Two Novel Compounds Isolated from the Marine Fungal Symbiont of Aspergillus unguis Induce Apoptosis and Cell Cycle Arrest in Breast Cancer Cells: In vitro Study

Abstract

Purpose: A promising feature of marine sponges is the potential anticancer efficacy of their secondary metabolites. The objective of this study was to explore the anticancer activities of compounds from the fungal symbiont of Aaptos suberitoides on breast cancer cells.
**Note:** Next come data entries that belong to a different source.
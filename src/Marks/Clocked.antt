-- ===== src/Marks/Clocked.antt =====
-- `record_clocked_mark` of src/context.rs on the packed context, and the marks that a clock gone
-- backwards rejects.
pub mod Simulation
use tracegrams.Prelude.{
  ◌-◌, ◌<◌, ◌^◌, ◌∙◌, ◌≡◌, ◌≤◌, Bool, Bool-cases, List, Option, ap, arith, false, if◌then◌else◌,
  inl, inr, ltb, lt→ltb, none, refl, returns, some, true, ℕ,
}
use tracegrams.Registry.{StageId}
use tracegrams.Bucket.Spec.{ordinary, ordinary-lt}
use tracegrams.Layout.{Diagnostic}
use tracegrams.Layout.Facts.{Place, anomaly}
use tracegrams.Context.{
  MarkAdvance, set_previous, Ctx, PreviousMark, ClockReading, ManualCtx, Outcome, registry_cookie,
  started_frozen, previous, u64_max,
}
use tracegrams.Context.Packing.{Holds, Holds-reads, set_previous-Holds, IsSmall}
use tracegrams.Recorder.{Inner}
use tracegrams.Recorder.Bumps.{IsReady, bumped_all, bumped, increment_diagnostic-bumped}
use tracegrams.Marks.{record_manual_mark, record_clocked_mark, measured, advanced, local_of}
use tracegrams.Marks.Places.{mark_places}
use tracegrams.Marks.Refine.{record_valid_mark-places, advance_of}
use tracegrams.Marks.Manual.{advance-IsProgress, record_manual_mark-marked, marked, saturated-lt}
use tracegrams.Marks.Verdict.{
  verdict, is_later, IsProgress, validate_mark-rejected, validate_mark-accepted, accepted-pos,
  accepted-cookie, first_before,
}

-- The plain context that a packed one stands for.
abbrev pub manual_of : Ctx → ManualCtx
manual_of c = record {
  cumulative_ns = c.cumulative_ns;
  cookie = registry_cookie c;
  started_frozen = started_frozen c;
  previous = previous c;
}

-- The elapsed time that a clock reading stands for; an overflowed reading is out of range.
abbrev pub interval : Ctx → ClockReading → ℕ
interval c reading =
    if reading.overflowed then 2 ^ 64 else reading.timestamp_ns - c.last_timestamp_ns

-- The clock went backwards.
abbrev pub has_regressed : Ctx → ClockReading → Bool
has_regressed c reading = ltb reading.timestamp_ns c.last_timestamp_ns

local_of-interval :
    (c : Ctx) (reading : ClockReading)
    → reading.timestamp_ns < 2 ^ 64
    → local_of (interval c reading) ≡ (measured c reading, reading.overflowed)
local_of-interval c reading h = elim (Bool-cases reading.overflowed) [
  | inl e ↦ rw (e, lt→ltb 0 1 (omega arith))
  | inr e ↦ rw (e, lt→ltb (reading.timestamp_ns - c.last_timestamp_ns) (2 ^ 64) (omega arith))
]

abbrev plain_of : ℕ → ℕ → Bool → Option PreviousMark → ManualCtx
plain_of cumulative_ns cookie started before = record {
  cumulative_ns = cumulative_ns;
  cookie = cookie;
  started_frozen = started;
  previous = before;
}

manual_of-Holds :
    (c : Ctx) (cookie : ℕ) (started : Bool) (before : Option PreviousMark)
    → Holds c cookie started before
    → manual_of c ≡ record {
      cumulative_ns = c.cumulative_ns;
      cookie = cookie;
      started_frozen = started;
      previous = before;
    }
manual_of-Holds c cookie started before w =
    let (a, b, d) = Holds-reads c cookie started before w in rw (a, b, d)

measured-lt :
    (c : Ctx) (reading : ClockReading) → reading.timestamp_ns < 2 ^ 64 → measured c reading < 2 ^ 64
measured-lt c reading h = ground arith

module _ (n : ℕ) (r : Inner) (c : Ctx) (cookie : ℕ) (started : Bool) (before : Option PreviousMark)
    (stage : StageId) (reading : ClockReading) (outcome : Option Outcome) (v : IsReady n r)
    (w : Holds c cookie started before) (g : IsProgress n c.cumulative_ns before) where
  pub clocked_rejected :
      (d : Diagnostic)
      → verdict r cookie before stage ≡ some d
      → record_clocked_mark r c stage reading outcome ≡ returns (c, bumped r (anomaly d))
  unfolding record_clocked_mark
  clocked_rejected d e =
      let (cookie_read, started_read, previous_read) = Holds-reads c cookie started before w in
      rw (cookie_read, previous_read, validate_mark-rejected n r v cookie before stage d e)

  pub manual_rejected :
      (d : Diagnostic)
      → (stage.cookie ≡ r.cookie → stage.index < n)
      → verdict r cookie before stage ≡ some d
      → record_manual_mark r (manual_of c) stage (interval c reading) outcome
        ≡ returns (manual_of c, bumped r (anomaly d))
  manual_rejected d fits e =
      let plain = manual_of-Holds c cookie started before w in
      rw plain (
        record_manual_mark-marked n r (plain_of c.cumulative_ns cookie started before) stage
          (interval c reading) outcome v g fits
        ∙ ap
            (λ x. returns (
              marked x r (plain_of c.cumulative_ns cookie started before) stage (interval c reading)
                outcome))
            e)

  pub clocked_regressed :
      verdict r cookie before stage ≡ none
      → has_regressed c reading ≡ true
      → record_clocked_mark r c stage reading outcome
        ≡ returns (c, bumped r (anomaly Diagnostic.clock_regressions))
  unfolding record_clocked_mark
  clocked_regressed e back =
      let (cookie_read, started_read, previous_read) = Holds-reads c cookie started before w in
      rw (
        cookie_read,
        previous_read,
        validate_mark-accepted n r v cookie c.cumulative_ns before stage g e,
        back,
        increment_diagnostic-bumped n r v Diagnostic.clock_regressions,
      )

  abbrev measured_advance : MarkAdvance
  measured_advance = advance_of stage.index c.cumulative_ns (measured c reading)

  abbrev measured_places : List Place
  measured_places =
      mark_places r started stage.index (is_later before) c.cumulative_ns (measured c reading)
        reading.overflowed outcome

  pub clocked_advanced :
      reading.timestamp_ns < 2 ^ 64
      → (stage.cookie ≡ r.cookie → stage.index < n)
      → verdict r cookie before stage ≡ none
      → has_regressed c reading ≡ false
      → record_clocked_mark r c stage reading outcome
        ≡ returns (advanced c reading measured_advance, bumped_all r measured_places)
  unfolding record_clocked_mark
  clocked_advanced t fits e back =
      let (cookie_read, started_read, previous_read) = Holds-reads c cookie started before w in
      rw (
        cookie_read,
        previous_read,
        validate_mark-accepted n r v cookie c.cumulative_ns before stage g e,
        back,
        started_read,
        record_valid_mark-places n r stage.index (is_later before) started reading.overflowed
            c.cumulative_ns (measured c reading) outcome v
            (fits (accepted-cookie r cookie before stage e)) (measured-lt c reading t)
            (first_before n c.cumulative_ns before g) (accepted-pos r cookie before stage e),
      )

  pub advanced-Holds :
      n ≤ 64
      → stage.index < n
      → Holds (advanced c reading measured_advance) cookie started (some measured_advance.previous)
  unfolding advanced
  advanced-Holds small h =
      set_previous-Holds
        (record c {
          last_timestamp_ns = reading.timestamp_ns;
          cumulative_ns = measured_advance.cumulative_ns;
        })
        cookie started before measured_advance.previous
        (record { cookie_fits = w.cookie_fits; small = w.small; word = w.word }) (omega arith)
        (ordinary-lt _)

  advanced-cumulative_ns :
      (advanced c reading measured_advance).cumulative_ns ≡ measured_advance.cumulative_ns
  unfolding advanced set_previous
  advanced-cumulative_ns = refl

  pub advanced-IsProgress :
      stage.index < n
      → IsProgress n
          (advanced c reading measured_advance).cumulative_ns
          (some measured_advance.previous)
  advanced-IsProgress h =
      rw advanced-cumulative_ns
        (advance-IsProgress n stage.index c.cumulative_ns (measured c reading) h)

  pub manual_advanced :
      reading.timestamp_ns < 2 ^ 64
      → n ≤ 64
      → (stage.cookie ≡ r.cookie → stage.index < n)
      → verdict r cookie before stage ≡ none
      → record_manual_mark r (manual_of c) stage (interval c reading) outcome
        ≡ returns (manual_of (advanced c reading measured_advance), bumped_all r measured_places)
  manual_advanced t small fits e =
      let h = fits (accepted-cookie r cookie before stage e) in
      let plain = manual_of-Holds c cookie started before w in
      let after = manual_of-Holds _ cookie started _ (advanced-Holds small h) in
      rw (after, advanced-cumulative_ns, plain)
        (record_manual_mark-marked n r (plain_of c.cumulative_ns cookie started before) stage
            (interval c reading) outcome v g fits
          ∙ (ap
                (λ x. returns (
                  marked x r (plain_of c.cumulative_ns cookie started before) stage
                    (interval c reading) outcome))
                e
              ∙ ap
                  (λ l. returns (
                    record {
                      cumulative_ns = (advance_of stage.index c.cumulative_ns l.0).cumulative_ns;
                      cookie = cookie;
                      started_frozen = started;
                      previous = some (advance_of stage.index c.cumulative_ns l.0).previous;
                    },
                    bumped_all r (
                        mark_places r started stage.index (is_later before) c.cumulative_ns l.0 l.1
                          outcome),
                  ))
                  (local_of-interval c reading t)))
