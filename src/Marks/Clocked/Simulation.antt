-- ===== src/Marks/Clocked/Simulation.antt =====
-- The clocked mark of src/context.rs beside the manual one, branch by branch.
use tracegrams.Prelude.{◌≡◌, Bool, Option, false, none, returns, some, true, ℕ}
use tracegrams.Registry.{StageId}
use tracegrams.Layout.{Diagnostic}
use tracegrams.Layout.Facts.{anomaly}
use tracegrams.Context.{Ctx, PreviousMark, ClockReading, Outcome}
use tracegrams.Context.Packing.{Holds}
use tracegrams.Recorder.{Inner}
use tracegrams.Recorder.Bumps.{bumped}
use tracegrams.Marks.{record_manual_mark}
use tracegrams.Marks.Verdict.{IsProgress}
use tracegrams.Marks.Clocked.{manual_of, interval}

-- Whether a clock regression rejects the mark: validation comes first.
abbrev pub is_regression : Option Diagnostic → Bool → Bool
is_regression none regressed = regressed
is_regression (some d) regressed = false

-- What the manual mark leaves of the plain context, or the rejection by the clock.
abbrev pub Agrees :
    Bool → Inner → Ctx → StageId → ClockReading → Option Outcome → Ctx × Inner → Type 0
Agrees true r c stage reading outcome result =
    result ≡ (c, bumped r (anomaly Diagnostic.clock_regressions))
Agrees false r c stage reading outcome result =
    record_manual_mark r (manual_of c) stage (interval c reading) outcome
    ≡ returns (manual_of result.0, result.1)

-- The context still packs the same identity and flag, with request-local state as marks leave it.
abbrev pub IsPacked : ℕ → ℕ → Bool → Ctx → Type 0
IsPacked n cookie started c =
    (before : Option PreviousMark) × Holds c cookie started before
    × IsProgress n c.cumulative_ns before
Methods: In the present research, Aspergillus unguis, an endophytic fungal strain derived from the marine sponge A. suberitoides was successfully isolated and characterized. Subsequently, ethyl acetate extraction and isolation of chemical constituents produced was performed. The structures of the isolated compounds were identified using several spectroscopic methods, ie, UV, NMR, and mass spectrometry. Thereafter, MDA-MB-231, MCF-7 breast cancer cells and HaCat cells were treated with the isolated compounds. Not only viability, apoptosis, and cell cycle analyses were conducted, but also the mRNA expression of MCL1, BCL2L1, AKT1 and CDK2 were evaluated.
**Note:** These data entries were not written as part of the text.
-- ===== src/Marks/Request.antt =====
-- A request of src/context.rs as a sequence of manual marks: what they count, one after the other.
use tracegrams.Marks.Places.{mark_places}
use tracegrams.Marks.Refine.{advance_of}
use tracegrams.Marks.Manual.{marked, record_manual_mark-marked, advance-IsProgress}
use tracegrams.Layout.Facts.{anomaly, Place}
use tracegrams.Marks.Exist.{mark_places-ArePlaces, ArePlaces-append}
use tracegrams.Recorder.{Inner}
use tracegrams.Marks.Verdict.{accepted-pos, accepted-cookie, is_later, IsProgress, verdict}
use tracegrams.Layout.{Diagnostic}
use tracegrams.Marks.{local_of, record_manual_mark}
use tracegrams.Context.{PreviousMark, ManualCtx, Outcome}
use tracegrams.Recorder.Bumps.{
  bumped_all-append, bumped_all-IsReady, bumped_all-frozen, bumped_all-state, bumped_all-cookie,
  ArePlaces, IsReady, bumped_all,
}
use tracegrams.Prelude.{
  ◌++◌, ◌<◌, ◌>>=◌, ◌∙◌, ◌∷◌, ◌≡◌, List, Option, Option-cases, Run, [], ap, inl, inr, none, refl,
  returns, some, sym, ℕ,
}
use tracegrams.Registry.{StageId}

-- What a mark counts, by its verdict.
abbrev pub counted_places :
    Option Diagnostic → Inner → ManualCtx → StageId → ℕ → Option Outcome → List Place
counted_places (some d) r context stage elapsed outcome = anomaly d ∷ []
counted_places none r context stage elapsed outcome =
    mark_places r context.started_frozen stage.index (is_later context.previous)
      context.cumulative_ns (local_of elapsed).0 (local_of elapsed).1 outcome

marked-bumped :
    (d : Option Diagnostic) (r : Inner) (context : ManualCtx) (stage : StageId) (elapsed : ℕ)
    (outcome : Option Outcome)
    → (marked d r context stage elapsed outcome).1
      ≡ bumped_all r (counted_places d r context stage elapsed outcome)
unfolding bumped_all
marked-bumped (some d) r context stage elapsed outcome = refl
marked-bumped none r context stage elapsed outcome = refl

counted_places-ArePlaces :
    (n : ℕ) (r : Inner) (context : ManualCtx) (stage : StageId) (elapsed : ℕ)
    (outcome : Option Outcome)
    → IsProgress n context.cumulative_ns context.previous
    → (stage.cookie ≡ r.cookie → stage.index < n)
    → ArePlaces n (
        counted_places
          (verdict r context.cookie context.previous stage)
          r
          context
          stage
          elapsed
          outcome)
counted_places-ArePlaces n r context stage elapsed outcome g fits =
    elim (Option-cases (verdict r context.cookie context.previous stage)) [
      | inl accepted ↦ rw accepted (
          mark_places-ArePlaces n r context.started_frozen stage.index (is_later context.previous)
            context.cumulative_ns (local_of elapsed).0 (local_of elapsed).1 outcome
            (fits (accepted-cookie r context.cookie context.previous stage accepted))
            (accepted-pos r context.cookie context.previous stage accepted))
      | inr (d, refused) ↦ rw refused (tt, tt)
    ]

-- What a mark makes of its context, by its verdict.
abbrev advanced : Option Diagnostic → ManualCtx → StageId → ℕ → ManualCtx
advanced (some d) context stage elapsed = context
advanced none context stage elapsed =
    let advance = advance_of stage.index context.cumulative_ns (local_of elapsed).0 in
    record context { cumulative_ns = advance.cumulative_ns; previous = some advance.previous }

marked-advanced :
    (d : Option Diagnostic) (r : Inner) (context : ManualCtx) (stage : StageId) (elapsed : ℕ)
    (outcome : Option Outcome)
    → (marked d r context stage elapsed outcome).0 ≡ advanced d context stage elapsed
marked-advanced (some d) r context stage elapsed outcome = refl
marked-advanced none r context stage elapsed outcome = refl

-- The marks of one request, in order.
unfoldable pub record_marks :
    Inner → ManualCtx → List (StageId × ℕ × Option Outcome) → Run (ManualCtx × Inner)
unfolding record_manual_mark
record_marks r context [] = returns (context, r)
record_marks r context ((stage, elapsed, outcome) ∷ marks) =
    record_manual_mark r context stage elapsed outcome >>= λ result.
    record_marks result.1 result.0 marks

-- What they count, by the calibration state and the thresholds of one recorder.
unfoldable pub request_places : Inner → ManualCtx → List (StageId × ℕ × Option Outcome) → List Place
unfolding verdict
request_places r context [] = []
request_places r context ((stage, elapsed, outcome) ∷ marks) =
    counted_places (verdict r context.cookie context.previous stage) r context stage elapsed outcome
    ++ request_places r
        (advanced (verdict r context.cookie context.previous stage) context stage elapsed) marks

-- Stage identifiers of the recorder with this cookie are in range.
abbrev pub AreInRange : ℕ → ℕ → List (StageId × ℕ × Option Outcome) → Type 0
AreInRange n cookie [] = Unit
AreInRange n cookie ((stage, elapsed, outcome) ∷ marks) =
    (stage.cookie ≡ cookie → stage.index < n) × AreInRange n cookie marks

-- Recorders that differ in their counters only, as far as marks see.
pub record Agree (r now : Inner) : Type 0 where
  pub cookie : now.cookie ≡ r.cookie
  pub state : now.calibration_state ≡ r.calibration_state
  pub cells : now.frozen_calibration ≡ r.frozen_calibration

bumped-Agree : (r now : Inner) (ps : List Place) → Agree r now → Agree r (bumped_all now ps)
bumped-Agree r now ps a = record {
  cookie = bumped_all-cookie now ps ∙ a.cookie;
  state = bumped_all-state now ps ∙ a.state;
  cells = bumped_all-frozen now ps ∙ a.cells;
}

verdict-same :
    (r now : Inner) (cookie : ℕ) (before : Option PreviousMark) (stage : StageId)
    → Agree r now
    → verdict now cookie before stage ≡ verdict r cookie before stage
unfolding verdict
verdict-same r now cookie before stage a = rw a.cookie refl

counted_places-same :
    (d : Option Diagnostic) (r now : Inner) (context : ManualCtx) (stage : StageId) (elapsed : ℕ)
    (outcome : Option Outcome)
    → Agree r now
    → counted_places d now context stage elapsed outcome
      ≡ counted_places d r context stage elapsed outcome
counted_places-same (some d) r now context stage elapsed outcome a = refl
counted_places-same none r now context stage elapsed outcome a = rw (a.state, a.cells) refl

-- A mark on such a recorder.
mark_once :
    (n : ℕ) (r now : Inner) (context : ManualCtx) (stage : StageId) (elapsed : ℕ)
    (outcome : Option Outcome)
    → Agree r now
    → IsReady n now
    → IsProgress n context.cumulative_ns context.previous
    → (stage.cookie ≡ r.cookie → stage.index < n)
    → let d = verdict r context.cookie context.previous stage in
      record_manual_mark now context stage elapsed outcome
      ≡ returns (
        advanced d context stage elapsed,
        bumped_all now (counted_places d r context stage elapsed outcome),
      )
mark_once n r now context stage elapsed outcome a v g fits =
    let d = verdict r context.cookie context.previous stage in
    let run =
      record_manual_mark-marked n now context stage elapsed outcome v g
        (λ e. fits (e ∙ a.cookie)) in
    let same = verdict-same r now context.cookie context.previous stage a in
    let after = marked-advanced d now context stage elapsed outcome in
    let bumps = marked-bumped d now context stage elapsed outcome in
    let places = counted_places-same d r now context stage elapsed outcome a in
    run
    ∙ ap (λ x. returns (marked x now context stage elapsed outcome)) same
    ∙ ap (λ x. returns (x, (marked d now context stage elapsed outcome).1)) after
    ∙ ap (λ y. returns (advanced d context stage elapsed, y)) (bumps ∙ ap (bumped_all now) places)

advanced-IsProgress :
    (n : ℕ) (d : Option Diagnostic) (context : ManualCtx) (stage : StageId) (elapsed : ℕ)
    → IsProgress n context.cumulative_ns context.previous
    → (d ≡ none → stage.index < n)
    → let after = advanced d context stage elapsed in
      IsProgress n after.cumulative_ns after.previous
advanced-IsProgress n (some d) context stage elapsed g fits = g
advanced-IsProgress n none context stage elapsed g fits =
    advance-IsProgress n stage.index context.cumulative_ns (local_of elapsed).0 (fits refl)

pub request_places-ArePlaces :
    (n : ℕ) (r : Inner) (context : ManualCtx) (marks : List (StageId × ℕ × Option Outcome))
    → IsProgress n context.cumulative_ns context.previous
    → AreInRange n r.cookie marks
    → ArePlaces n (request_places r context marks)
unfolding request_places
request_places-ArePlaces n r context [] g b = tt
request_places-ArePlaces n r context ((stage, elapsed, outcome) ∷ marks) g b =
    let d = verdict r context.cookie context.previous stage in
    let next = advanced d context stage elapsed in
    ArePlaces-append n (counted_places d r context stage elapsed outcome)
      (request_places r next marks)
      (counted_places-ArePlaces n r context stage elapsed outcome g b.0)
      (request_places-ArePlaces n r next marks
        (advanced-IsProgress n d context stage elapsed g
          (λ e. b.0 (accepted-cookie r context.cookie context.previous stage e)))
        b.1)

pub record_marks-places :
    (n : ℕ) (r now : Inner) (context : ManualCtx) (marks : List (StageId × ℕ × Option Outcome))
    → Agree r now
    → IsReady n now
    → IsProgress n context.cumulative_ns context.previous
    → AreInRange n r.cookie marks
    → (after : ManualCtx) × (record_marks now context marks
        ≡ returns (after, bumped_all now (request_places r context marks)))
unfolding record_marks request_places bumped_all
record_marks-places n r now context [] a v g b = (context, refl)
record_marks-places n r now context ((stage, elapsed, outcome) ∷ marks) a v g b =
    let d = verdict r context.cookie context.previous stage in
    let ps = counted_places d r context stage elapsed outcome in
    let next = advanced d context stage elapsed in
    let (after, run) =
      record_marks-places n r (bumped_all now ps) next marks (bumped-Agree r now ps a)
        (bumped_all-IsReady n now ps v)
        (advanced-IsProgress n d context stage elapsed g
          (λ e. b.0 (accepted-cookie r context.cookie context.previous stage e)))
        b.1 in
    (
      after,
      ap (λ m. m >>= λ result. record_marks result.1 result.0 marks)
            (mark_once n r now context stage elapsed outcome a v g b.0)
          ∙ run
          ∙ ap (λ x. returns (after, x))
              (sym (bumped_all-append now ps (request_places r next marks))),
    )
Results: The extract showed cytotoxic activity in breast cancer cells. Two novel compounds were successfully isolated and identified, ie, Unguisol A (15.1 mg) and Unguisol B (97.9 mg). Both compounds share the same basic skeleton and comprise an aromatic ring which is attached to a sulphur-containing, seven-membered ring via an oxygen atom. This marked the first-time isolation of Unguisol A and Unguisol B from A. unguis, highlighting their novelty. Both compounds induced early apoptosis (p < 0.01) and cell cycle arrest at the S phase (p < 0.05) in MDA-MB-231 cells, but not in HaCat cells. Both compounds suppressed BCL2L1 and AKT1 mRNA expression (p < 0.01).
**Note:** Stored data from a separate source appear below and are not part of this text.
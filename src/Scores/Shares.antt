-- ===== src/Scores/Shares.antt =====
-- The totals behind the matrix-derived scores of src/diagnose.rs.
use tracegrams.Prelude.{
  ◌%◌, ◌+◌, ◌/◌, ◌∷◌, ◌≡◌, ◌≤◌, Bool, List, [], arith, false, leb, refl, suc, sum, true, ℕ,
}
use tracegrams.Scores.{
  CauseTotals, no_cause_totals, add_cause, cause_from, cause_scores, Score, probability, ratio,
}

pub record IsShared (all : ℕ) (t : CauseTotals) : Type 0 where
  pub whole : t.prev_not_tail_total + t.prev_tail_total ≡ all
  pub clean : t.local_tail_from_prev_not_tail ≤ t.prev_not_tail_total
  pub carried : t.local_tail_from_prev_tail + t.carry_through ≡ t.prev_tail_total

add_cause-IsShared :
    (all count : ℕ) (p l : Bool) (t : CauseTotals)
    → IsShared all t
    → IsShared (all + count) (add_cause p l count t)
add_cause-IsShared all count true true t s = record {
  whole = omega (arith, s.whole);
  clean = s.clean;
  carried = omega (arith, s.carried);
}
add_cause-IsShared all count true false t s = record {
  whole = omega (arith, s.whole);
  clean = s.clean;
  carried = omega (arith, s.carried);
}
add_cause-IsShared all count false true t s = record {
  whole = omega (arith, s.whole);
  clean = omega (arith, s.clean);
  carried = s.carried;
}
add_cause-IsShared all count false false t s = record {
  whole = omega (arith, s.whole);
  clean = omega (arith, s.clean);
  carried = s.carried;
}

cause_from-IsShared :
    (p l index : ℕ) (counts : List ℕ) (all : ℕ) (t : CauseTotals)
    → IsShared all t
    → IsShared (all + sum counts) (cause_from p l index counts t)
unfolding cause_from sum
cause_from-IsShared p l index [] all t s = record {
  whole = omega (arith, s.whole);
  clean = s.clean;
  carried = s.carried;
}
cause_from-IsShared p l index (count ∷ counts) all t s =
    let assoc : all + (count + sum counts) ≡ all + count + sum counts = omega arith in
    rw assoc (
      cause_from-IsShared p l (suc index) counts (all + count) _
        (add_cause-IsShared all count (leb p (index / 64)) (leb l (index % 64)) t s))

-- A score that is a share of its denominator.
abbrev pub IsShare : Score → Type 0
IsShare s = s.numerator ≤ s.denominator

-- For any counts and thresholds, every probability of `cause_scores` is a share; the clean and tail
-- origins of a tail local have one denominator and their numerators add up to it; so do the carried
-- and the amplified share of the previous tail; and the populations behind the two rates add up to all
-- the samples.
pub cause_scores-shares :
    (counts : List ℕ) (p l : ℕ) (onset : Score)
    → let s = cause_scores counts p l onset in
      (s.local_tail_origin_clean.numerator + s.local_tail_origin_tail.numerator
        ≡ s.local_tail_origin_clean.denominator)
      × (s.local_tail_origin_tail.denominator ≡ s.local_tail_origin_clean.denominator)
      × (s.local_tail_rate_given_prev_tail.numerator + s.carry_through.numerator
          ≡ s.carry_through.denominator)
      × (s.local_tail_rate_given_prev_tail.denominator ≡ s.carry_through.denominator)
      × (s.local_tail_rate_given_prev_tail.denominator
            + s.local_tail_rate_given_prev_not_tail.denominator
          ≡ sum counts)
      × IsShare s.local_tail_rate_given_prev_not_tail
unfolding cause_scores probability ratio
cause_scores-shares counts p l onset =
    let s =
      cause_from-IsShared p l 0 counts 0 no_cause_totals
        (record { whole = refl; clean = omega arith; carried = refl }) in
    (refl, refl, s.carried, refl, omega (arith, s.whole), s.clean)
Conclusion: Two novel compounds were isolated from A. unguis. Unguisol A and Unguisol B induced apoptosis in MDA-MB-231 breast cancer cells via BCL2L1 mRNA downregulation, while both compounds induced cell cycle arrest at the S phase through AKT1 mRNA downregulation.

Keywords: Aspergillus unguis; Porifera; drug screening assays; triple negative breast neoplasms.

Graphical abstract

Figure 1

Cytotoxicity of A. unguis extract on TNBC and normal cells. MDA-MB-231 and HaCaT cells were exposed to A. unguis extract for 72 hours before the MTT assay was conducted. Data represented the average of triplicate measurements from three independent experiments.

Figure 2

Compound S01 (Unguisol A) Structure and 2D NMR Correlations.

Figure 3

Compound S02 (Unguisol B) Structure and 2D NMR Correlations.

Figure 4

Compound S02 triggered death in MDA-MB-231 cells more potently and selectively than compound S01. MDA-MB-231 and HCC-1954 cells were exposed to compounds S01 (A) and S02 (B) for 72 hours before the MTT assay was conducted. Data represented the average of triplicate measurements from three independent experiments.

Figure 5

MDA-MB-231 cells were induced apoptosis and suppressed mRNA expression of BCL2L1 but not MCL1. MDA-MB-231 cells and HaCaT cells were exposed to DMSO as control, compound S01, and S02 or cisplatin 30nM for 48 hours before Annexin V/PI staining (A and C) as well as mRNA isolation were conducted. Data (B and D) represented the average of duplicate measurements from two independent experiments. MCL1 (E) and BCL2L1 (F) mRNA expression represented the fold average of triplicate measurements from three independent experiments. *, p < 0.05; **, p < 0.01.

Figure 6

Both compounds S01 and S02 induced cell cycle arrest at the S phase and suppressed mRNA expression of AKT1 but not CDK2 in MDA-MB-231 cells. MDA-MB-231 cells and HaCaT cell were exposed to DMSO as control, compound S01, and S02 for 48 h before conducting cell cycle analysis (A) and mRNA isolation (C and D) followed by RT qPCR. Paclitaxel 1nM were used as positive control. Data (B) represented the average of duplicate measurements from two independent experiments. AKT1 (C) and CDK2 (D) mRNA expression represented the fold average of triplicate measurements from three independent experiments. *, p < 0.05; **, p < 0.01, ***, p < 0.001.